What does the alloc field represent?

I may also be on a wrong path for this function, so any suggestions to avoid string representation is welcome for this function

Per · December 30, 2018, 8:41am

If x is a vector of UInt8, then the preferred way to convert it to a vector of BigInt should be BigInt.(x) (I guess this ends up calling some C-function in GMP, probably after converting from UInt8 to Int.)

Is that not fast enough?

Sukera · December 30, 2018, 8:43am

I think the question is about converting an array of UInt8 to a single BigInt, not to an array of BigInts.

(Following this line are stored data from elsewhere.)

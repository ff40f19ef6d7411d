-- ===== src/Accounts/OAuth/Usernames.antt =====
-- _build_unique_username of apps/accounts/services.py: a name for a new user that no row has. The
-- database's `iexact` compares texts after `fold_char` on every character; `is_alnum` is
-- `str.isalnum` of a character and `lower` is `str.lower`.
pub mod Fresh
use hivewiki_web.Base.{
  ℕ, zero, suc, ◌+◌, ◌-◌, ◌*◌, max, Bool, ◌||◌, Option, none, some, List, [], ◌∷◌, ◌++◌, map, ◌==◌,
  if◌then◌else◌, keep, any_of, length, take,
}
use hivewiki_web.Base.Text.{Text, codes, text_eq, decimal}
use hivewiki_web.Core.CommunityContent.{or_text}
use hivewiki_web.Accounts.Models.{HiveUser}

unfoldable pub normalized_username : (ℕ → Bool) → (Text → Text) → Text → Text
normalized_username is_alnum lower base =
    let kept = keep (λ c. is_alnum c || c == b'_') (or_text base (codes "user")) in
    or_text (take 16 (lower kept)) (codes "user")

-- The number of characters of the name that stay in front of a suffix.
abbrev pub prefix_length : ℕ → ℕ
prefix_length suffix = max 1 (16 - length (decimal suffix))

-- The candidate of each round: the name itself, and then the name with the suffixes 1, 2, …
unfoldable pub candidate : Text → ℕ → Text
candidate normalized zero = normalized
candidate normalized (suc k) = take (prefix_length (suc k)) normalized ++ decimal (suc k)

module _ (fold_char : ℕ → ℕ) where
  unfoldable pub iexact : Text → Text → Bool
  iexact a b = text_eq (map fold_char a) (map fold_char b)

  -- `HiveUser.objects.filter(username__iexact=name).exists()`
  abbrev pub is_taken_name : List HiveUser → Text → Bool
  is_taken_name users name = any_of (λ u. iexact u.username name) users

  -- The `while`, from the round `k` on; `none` means that the fuel ran out.
  unfoldable pub search_username : ℕ → ℕ → Text → List HiveUser → Option Text
  search_username zero k normalized users = none
  search_username (suc fuel) k normalized users =
      let rest = search_username fuel (suc k) normalized users in
      if is_taken_name users (candidate normalized k) then rest else some (candidate normalized k)

  -- The fuel: a user blocks one suffix at most for each of the sixteen lengths of the prefix.
  unfoldable pub build_unique_username :
      (ℕ → Bool) → (Text → Text) → Text → List HiveUser → Option Text
  build_unique_username is_alnum lower base users =
      search_username (16 * length users + 2) 0 (normalized_username is_alnum lower base) users
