-- ===== src/Accounts/Forms.antt =====
-- apps/accounts/forms.py: what the forms accept. `clean_field` is what the field itself makes of a posted
-- value, `none` if it refuses it (Django's tests of length, characters and email, and its strip). The
-- database compares without case through `fold_char`, `lower` is `str.lower`, and `validate_password` says
-- whether Django's validators accept a password for a name and an email.
pub mod Views
pub mod Valid
pub mod SignedUp
pub mod Passwords
pub mod Unique
pub mod Profiles
mod Tests
use hivewiki_web.Base.{
  ℕ, Bool, not, ◌&&◌, ◌||◌, Option, none, some, List, [], ◌∷◌, ◌++◌, ◌==◌, if◌then◌else◌, any_of,
  Result, ok, err, raise_if, ◌>>=◌, ◌>>◌,
}
use hivewiki_web.Base.Text.{Text, text_eq, strip, is_empty}
use hivewiki_web.Accounts.Models.{HiveUser}
use hivewiki_web.Accounts.OAuth.{text_or_empty}
use hivewiki_web.Accounts.OAuth.Usernames.{iexact}

pub data Field : Type 0 where
  username email password password_confirm profile_image : Field
  current_password new_password new_password_confirm : Field

-- A refusal by a field, and the errors that the forms raise.
pub data FormError : Type 0 where
  invalid : Field → FormError
  name_taken email_taken mismatch weak not_allowed wrong_password same_password : FormError

-- A `clean_…` method after its field.
abbrev pub clean_with : Field → (Text → Result FormError Text) → Option Text → Result FormError Text
clean_with f clean none = err (invalid f)
clean_with f clean (some t) = clean t

-- The error of a field, and its entry of `cleaned_data`, which is missing after an error.
abbrev pub errors_of : Result FormError Text → List FormError
errors_of (err e) = e ∷ []
errors_of (ok t) = []

abbrev pub text_of : Result FormError Text → Text
text_of (err e) = []
text_of (ok t) = t

abbrev pub error_if : Bool → FormError → List FormError
error_if c e = if c then e ∷ [] else []

abbrev pub differ : Text → Text → Bool
differ a b = not (is_empty a) && not (is_empty b) && not (text_eq a b)

abbrev pub repeats : Text → Text → Bool
repeats a b = not (is_empty a) && not (is_empty b) && text_eq a b

abbrev pub is_weak : (Text → Text → Text → Bool) → Text → Text → Text → Bool
is_weak validate_password p name address =
    not (is_empty p) && not (validate_password p name address)

-- What `is_valid()` tests: no error was added.
abbrev pub valid : {A : Type 0} → List FormError → A → Result (List FormError) A
valid [] a = ok a
valid (e ∷ es) a = err (e ∷ es)

pub record CleanedSignUp : Type 0 where
  pub username : Text
  pub email : Text
  pub password : Text

pub record CleanedProfile : Type 0 where
  pub username : Text
  pub email : Text
  pub profile_image : Text

-- `text.startswith(prefix)`
abbrev pub starts_with_text : Text → Text → Bool
starts_with_text [] t = Bool.true
starts_with_text (c ∷ p) [] = Bool.false
starts_with_text (c ∷ p) (d ∷ t) = c == d && starts_with_text p t

-- `text.rstrip("/")`
abbrev pub slash_onto : ℕ → Text → Text
slash_onto c [] = if c == b'/' then [] else c ∷ []
slash_onto c (d ∷ t) = c ∷ d ∷ t

unfoldable pub rstrip_slash : Text → Text
rstrip_slash [] = []
rstrip_slash (c ∷ t) = slash_onto c (rstrip_slash t)

module _ (fold_char : ℕ → ℕ) (lower : Text → Text) where
  -- No row other than the instance has the name or the email.
  unfoldable pub clean_username : List HiveUser → (HiveUser → Bool) → Text → Result FormError Text
  clean_username users is_instance t =
      let name = strip t in
      do
        raise_if (any_of (λ u. not (is_instance u) && iexact fold_char u.username name) users)
            name_taken
        ok name

  unfoldable pub clean_email : List HiveUser → (HiveUser → Bool) → Text → Result FormError Text
  clean_email users is_instance t =
      let address = lower (strip t) in
      do
        raise_if (any_of (λ u. not (is_instance u) && iexact fold_char u.email address) users)
            email_taken
        ok address

-- `base_url` is settings.AWS_S3_UPLOAD_PUBLIC_BASE_URL.
unfoldable pub clean_profile_image : Text → HiveUser → Text → Result FormError Text
clean_profile_image base_url u t =
    let image = strip t in
    let base = rstrip_slash base_url in
    if is_empty image
    then ok []
    else if text_eq image (text_or_empty u.profile_image)
    then ok image
    else if is_empty base || not (starts_with_text (base ++ b'/' ∷ []) image)
    then err not_allowed
    else ok image

module _ (check_password : Text → Text → Bool) where
  unfoldable pub clean_current_password : HiveUser → Text → Result FormError Text
  clean_current_password current t = do
    raise_if
        (is_empty (text_or_empty current.password_hash)
          || not (check_password t (text_or_empty current.password_hash)))
        wrong_password
    ok t

module _ (clean_field : Field → Text → Option Text) (fold_char : ℕ → ℕ) (lower : Text → Text)
    (validate_password : Text → Text → Text → Bool) where
  -- `clean`, with the errors of the fields: the passwords are compared, and then validated.
  abbrev pub sign_up_checked :
      Result FormError Text
      → Result FormError Text
      → Result FormError Text
      → Result FormError Text
      → Result (List FormError) CleanedSignUp
  sign_up_checked u e p c =
      valid
        (errors_of u
          ++ errors_of e
          ++ errors_of p
          ++ errors_of c
          ++ error_if (differ (text_of p) (text_of c)) mismatch
          ++ error_if (is_weak validate_password (text_of p) (text_of u) (text_of e)) weak)
        (record { username = text_of u; email = text_of e; password = text_of p })

  -- SignUpForm has no instance.
  unfoldable pub sign_up_form :
      List HiveUser → Text → Text → Text → Text → Result (List FormError) CleanedSignUp
  sign_up_form users name address pass confirmed =
      sign_up_checked
        (clean_with username (clean_username fold_char lower users (λ v. Bool.false))
          (clean_field username name))
        (clean_with email (clean_email fold_char lower users (λ v. Bool.false))
          (clean_field email address))
        (clean_with password (λ t. ok t) (clean_field password pass))
        (clean_with password_confirm (λ t. ok t) (clean_field password_confirm confirmed))

  abbrev pub profile_checked :
      Result FormError Text
      → Result FormError Text
      → Result FormError Text
      → Result (List FormError) CleanedProfile
  profile_checked u e i =
      valid (errors_of u ++ errors_of e ++ errors_of i)
        (record { username = text_of u; email = text_of e; profile_image = text_of i })

  -- ProfileEditForm, whose instance is the row of the current user.
  unfoldable pub profile_edit_form :
      Text → List HiveUser → HiveUser → Text → Text → Text → Result (List FormError) CleanedProfile
  profile_edit_form base_url users current name address image =
      profile_checked
        (clean_with username (clean_username fold_char lower users (λ v. v.id == current.id))
          (clean_field username name))
        (clean_with email (clean_email fold_char lower users (λ v. v.id == current.id))
          (clean_field email address))
        (clean_with profile_image (clean_profile_image base_url current)
          (clean_field profile_image image))

  -- `clean` of PasswordChangeForm: the new passwords are compared, then the old one with the new, and
  -- the new one is validated.
  abbrev pub password_checked :
      HiveUser
      → Result FormError Text
      → Result FormError Text
      → Result FormError Text
      → Result (List FormError) Text
  password_checked current o n c =
      valid
        (errors_of o
          ++ errors_of n
          ++ errors_of c
          ++ error_if (differ (text_of n) (text_of c)) mismatch
          ++ error_if (repeats (text_of o) (text_of n)) same_password
          ++ error_if (is_weak validate_password (text_of n) current.username current.email) weak)
        (text_of n)

  -- PasswordChangeForm returns the new password.
  unfoldable pub password_change_form :
      (Text → Text → Bool) → HiveUser → Text → Text → Text → Result (List FormError) Text
  password_change_form check_password current old new confirmed =
      password_checked current
        (clean_with current_password (clean_current_password check_password current)
          (clean_field current_password old))
        (clean_with new_password (λ t. ok t) (clean_field new_password new))
        (clean_with new_password_confirm (λ t. ok t) (clean_field new_password_confirm confirmed))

Per · December 30, 2018, 8:44am

Oh. I see. Carry on.

rfourquet · December 30, 2018, 9:05am

Yes, but proper initialization must be taken care of.
The problem in your implementation is likely that you are writing with unsafe_copyto! in memory regions which have not be allocated.
To create a BigInt which can represent a number with n bits, you can use a = Base.GMP.MPZ.realloc2(n). Then you don’t need to touch the .alloc field of a, and you can write n bits at a.d (or cld(n, 64) UInt64 words if the architecture is 64 bits); you also need to manually update the .size field of a.

Note also that this is internal API and will break eventually.

gdkrmr · December 30, 2018, 10:17am

This one is even faster:

function int2bytes3(x::BigInt)
    n_bytes_with_zeros = x.size * sizeof(Sys.WORD_SIZE)
    uint8_ptr = convert(Ptr{UInt8}, x.d)

    if ENDIAN_BOM == 0x04030201
        # the minimum should be 1, else the result array will be of
        # length 0
        n_bytes_without_zeros = 1
        for i in n_bytes_with_zeros:-1:1
            if unsafe_load(uint8_ptr, i) != 0x00
                n_bytes_without_zeros = i
                break
            end
        end

        result = Array{UInt8}(undef, n_bytes_without_zeros)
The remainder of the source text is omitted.